Voices for action against racism
That’s the theme of this year’s International Day for the Elimination of Racial Discrimination. It calls on people everywhere to strengthen and consolidate their voices against racism, to mobilise against all forms and all manifestations of racial discrimination and injustice, and to ensure a safe environment for those who speak up.
Why March 21? Each year, the International Day for the Elimination of Racial Discrimination marks the day police in Sharpeville, South Africa, opened fire and killed 69 people at a peaceful demonstration against apartheid “pass laws” in 1960.
As educators, colleges and institutes play a vital role in combatting systemic racism and discrimination.
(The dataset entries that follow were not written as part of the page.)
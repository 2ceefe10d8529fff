-- ===== src/Directory/Serialized/Cursors.antt =====
-- The pointers with which the bytes of a directory are written (DirEntry.cpp).
use libcryfs.Common.{
  ℕ, ◌+◌, ◌%◌, ◌^◌, ◌∙◌, sym, ap, ◌≤◌, ◌<◌, ◌≡◌, refl, [], ◌++◌, arith, length, drop, length-append,
  append_assoc,
}
use libcryfs.Common.Equality.{nat_eq}
use libcryfs.Common.Result.{ok}
use libcryfs.Common.Bytes.{Data}
use libcryfs.Common.Memory.{write_memory, write_memory-at}
use libcryfs.Directory.Serialized.{Cursor, call_at, after_call, put}

-- The cursor behind `front` that has written `before` and has `junk` to overwrite.
abbrev pub at : Data → Data → Data → Cursor
at front before junk = record {
  dest = length front;
  offset = length before;
  memory = front ++ (before ++ junk);
}

cursor-eq :
    (dest offset offset' : ℕ) (memory memory' : Data)
    → offset ≡ offset'
    → memory ≡ memory'
    → ◌≡◌ {A = Cursor}
        (record { dest = dest; offset = offset; memory = memory })
        (record { dest = dest; offset = offset'; memory = memory' })
cursor-eq dest offset offset' memory memory' e f =
    λ i. record { dest = dest; offset = e i; memory = f i }

put-run :
    (c : Cursor) (bytes memory : Data)
    → write_memory c.memory (c.dest + c.offset) bytes ≡ ok memory
    → put bytes c
      ≡ ok (record { dest = c.dest; offset = (c.offset + length bytes) % 2 ^ 32; memory = memory })
unfolding put
put-run c bytes memory run = rw run refl

pub put-at :
    (front before junk bytes : Data) (n : ℕ)
    → length bytes ≡ n
    → n ≤ length junk
    → length before + n < 2 ^ 32
    → put bytes (at front before junk) ≡ ok (at front (before ++ bytes) (drop n junk))
put-at front before junk bytes n e h small =
    put-run (at front before junk) bytes _ (
      ap (λ m. write_memory m (length front + length before) bytes)
        (sym (append_assoc front before junk))
      ∙ write_memory-at (front ++ before) bytes junk (length front + length before)
          (sym (length-append front before)) (omega (arith, e, h)))
    ∙ ap ok (
        cursor-eq (length front) _ _ _ _ (omega (arith, length-append before bytes, e, small)) (
          append_assoc (front ++ before) bytes (drop (length bytes) junk)
          ∙ append_assoc front before (bytes ++ drop (length bytes) junk)
          ∙ ap (λ l. front ++ l) (sym (append_assoc before bytes (drop (length bytes) junk)))
          ∙ ap (λ k. front ++ ((before ++ bytes) ++ drop k junk)) e))

-- A call that is given the pointer and the offset added up.
pub call_at-at :
    (front before junk : Data) → call_at (at front before junk) ≡ at (front ++ before) [] junk
call_at-at front before junk = λ i. record {
  dest = sym (length-append front before) i;
  offset = 0;
  memory = sym (append_assoc front before junk) i;
}

pub after_call-at :
    (front before junk bytes rest : Data) (n : ℕ)
    → length bytes ≡ n
    → length before + n < 2 ^ 32
    → after_call (at front before junk) n (at (front ++ before) bytes rest)
      ≡ at front (before ++ bytes) rest
after_call-at front before junk bytes rest n e small =
    cursor-eq (length front) _ _ _ _ (omega (arith, length-append before bytes, e, small)) (
      append_assoc front before (bytes ++ rest)
      ∙ ap (λ l. front ++ l) (sym (append_assoc before bytes rest)))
In areas like healthcare and public safety, they ensure that workers are given tools to protect public spaces against injustice, now and in the future.
- At Justice Institute of British Columbia, the Police Academy provides future municipal police officers with anti-racism and bias-free training through crisis intervention de-escalation techniques and scenario training involving vulnerable persons.
- In each debriefing session, learners are asked to reflect on what strategies they used, or could have used, to ensure that their future interventions as municipal police officers are fair, impartial, and bias free.
- At Cégep de Chicoutimi, AIDE-mémoire is a training tool designed to help students in healthcare in Indigenous settings better address cultural sensitivities and systemic discrimination in healthcare.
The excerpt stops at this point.